> Problem requirements
All of the data beneath this instruction is to be transcribed word for word.

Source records
* * * *
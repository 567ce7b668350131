-- ===== src/Search/Lines/Prefix.antt =====
-- `parse_line` only appends to `log_lines`, and leaves what was found alone.
use drlog_search.Base.{
  ℕ, List, [], ◌∷◌, ◌++◌, append-nil, append_assoc, Bytes, ◌≡◌, sym, ap, ◌∙◌, arith,
}
use drlog_search.Search.Context.{LogLine, Progress}
use drlog_search.Search.Lines.{parse_line, parse_lines, flushed}

module _ (timestamp_of : Bytes → ℕ) (start_time end_time : ℕ) where
  abbrev pub put_before : List LogLine → List LogLine → Progress → Progress
  put_before xs found p = record p { log_lines = xs ++ p.log_lines; matched_lines = found }

  parse_line-put_before :
      (xs found : List LogLine) (p : Progress) (line : Bytes)
      → parse_line timestamp_of start_time end_time (put_before xs found p) line
        ≡ put_before xs found (parse_line timestamp_of start_time end_time p line)
  unfolding parse_line
  parse_line-put_before xs found p line =
      ground (arith, append_assoc xs p.log_lines (p.tmp_line ∷ []))

  flushed-put_before :
      (xs found : List LogLine) (p : Progress)
      → flushed timestamp_of start_time end_time (put_before xs found p)
        ≡ xs ++ flushed timestamp_of start_time end_time p
  unfolding flushed
  flushed-put_before xs found p = ground (arith, append_assoc xs p.log_lines (p.tmp_line ∷ []))

  -- The lines that wait when the text is read on from `p`, batch or not.
  pub flushed-parse_lines :
      (lines : List Bytes) (xs found : List LogLine) (p : Progress)
      → flushed timestamp_of start_time end_time
          (parse_lines timestamp_of start_time end_time (put_before xs found p) lines)
        ≡ xs
          ++ flushed timestamp_of start_time end_time
              (parse_lines timestamp_of start_time end_time p lines)
  unfolding parse_lines
  flushed-parse_lines [] xs found p = flushed-put_before xs found p
  flushed-parse_lines (line ∷ lines) xs found p =
      rw (parse_line-put_before xs found p line)
        (flushed-parse_lines lines xs found (parse_line timestamp_of start_time end_time p line))

  -- A batch that is dropped from the waiting lines was in front of the rest.
  pub flushed-batch :
      (lines : List Bytes) (found : List LogLine) (p : Progress)
      → flushed timestamp_of start_time end_time
          (parse_lines timestamp_of start_time end_time p lines)
        ≡ p.log_lines
          ++ flushed timestamp_of start_time end_time (
              parse_lines timestamp_of start_time end_time
                (record p { matched_lines = found; log_lines = [] })
                lines)
  flushed-batch lines found p =
      ap
        (λ l.
          flushed timestamp_of start_time end_time
            (parse_lines timestamp_of start_time end_time (record p { log_lines = l }) lines))
        (sym (append-nil p.log_lines))
      ∙ flushed-parse_lines lines p.log_lines p.matched_lines
          (record p { matched_lines = found; log_lines = [] })

  -- What `parse_line` leaves alone.
  pub parse_line_keeps :
      (p : Progress) (line : Bytes)
      → ((parse_line timestamp_of start_time end_time p line).matched_lines ≡ p.matched_lines)
        × ((parse_line timestamp_of start_time end_time p line).status ≡ p.status)
  unfolding parse_line
  parse_line_keeps p line = ground arith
* * * *
> Your response
repository 567ce7b668350131
-- ===== src/Search/Lines/Prefix.antt =====
-- `parse_line` only appends to `log_lines`, and leaves what was found alone.
use drlog_search.Base.{
  ℕ, List, [], ◌∷◌, ◌++◌, append-nil, append_assoc, Bytes, ◌≡◌, sym, ap, ◌∙◌, arith,
}
use drlog_search.Search.Context.{LogLine, Progress}
use drlog_search.Search.Lines.{parse_line, parse_lines, flushed}

module _ (timestamp_of : Bytes → ℕ) (start_time end_time : ℕ) where
  abbrev pub put_before : List LogLine → List LogLine → Progress → Progress
  put_before xs found p = record p { log_lines = xs ++ p.log_lines; matched_lines = found }

  parse_line-put_before :
      (xs found : List LogLine) (p : Progress) (line : Bytes)
      → parse_line timestamp_of start_time end_time (put_before xs found p) line
        ≡ put_before xs found (parse_line timestamp_of start_time end_time p line)
  unfolding parse_line
  parse_line-put_before xs found p line =
      ground (arith, append_assoc xs p.log_lines (p.tmp_line ∷ []))

  flushed-put_before :
      (xs found : List LogLine) (p : Progress)
      → flushed timestamp_of start_time end_time (put_before xs found p)
        ≡ xs ++ flushed timestamp_of start_time end_time p
  unfolding flushed
  flushed-put_before xs found p = ground (arith, append_assoc xs p.log_lines (p.tmp_line ∷ []))

  -- The lines that wait when the text is read on from `p`, batch or not.
  pub flushed-parse_lines :
      (lines : List Bytes) (xs found : List LogLine) (p : Progress)
      → flushed timestamp_of start_time end_time
          (parse_lines timestamp_of start_time end_time (put_before xs found p) lines)
        ≡ xs
          ++ flushed timestamp_of start_time end_time
              (parse_lines timestamp_of start_time end_time p lines)
  unfolding parse_lines
  flushed-parse_lines [] xs found p = flushed-put_before xs found p
  flushed-parse_lines (line ∷ lines) xs found p =
      rw (parse_line-put_before xs found p line)
        (flushed-parse_lines lines xs found (parse_line timestamp_of start_time end_time p line))

  -- A batch that is dropped from the waiting lines was in front of the rest.
  pub flushed-batch :
      (lines : List Bytes) (found : List LogLine) (p : Progress)
      → flushed timestamp_of start_time end_time
          (parse_lines timestamp_of start_time end_time p lines)
        ≡ p.log_lines
          ++ flushed timestamp_of start_time end_time (
              parse_lines timestamp_of start_time end_time
                (record p { matched_lines = found; log_lines = [] })
                lines)
  flushed-batch lines found p =
      ap
        (λ l.
          flushed timestamp_of start_time end_time
            (parse_lines timestamp_of start_time end_time (record p { log_lines = l }) lines))
        (sym (append-nil p.log_lines))
      ∙ flushed-parse_lines lines p.log_lines p.matched_lines
          (record p { matched_lines = found; log_lines = [] })

  -- What `parse_line` leaves alone.
  pub parse_line_keeps :
      (p : Progress) (line : Bytes)
      → ((parse_line timestamp_of start_time end_time p line).matched_lines ≡ p.matched_lines)
        × ((parse_line timestamp_of start_time end_time p line).status ≡ p.status)
  unfolding parse_line
  parse_line_keeps p line = ground arith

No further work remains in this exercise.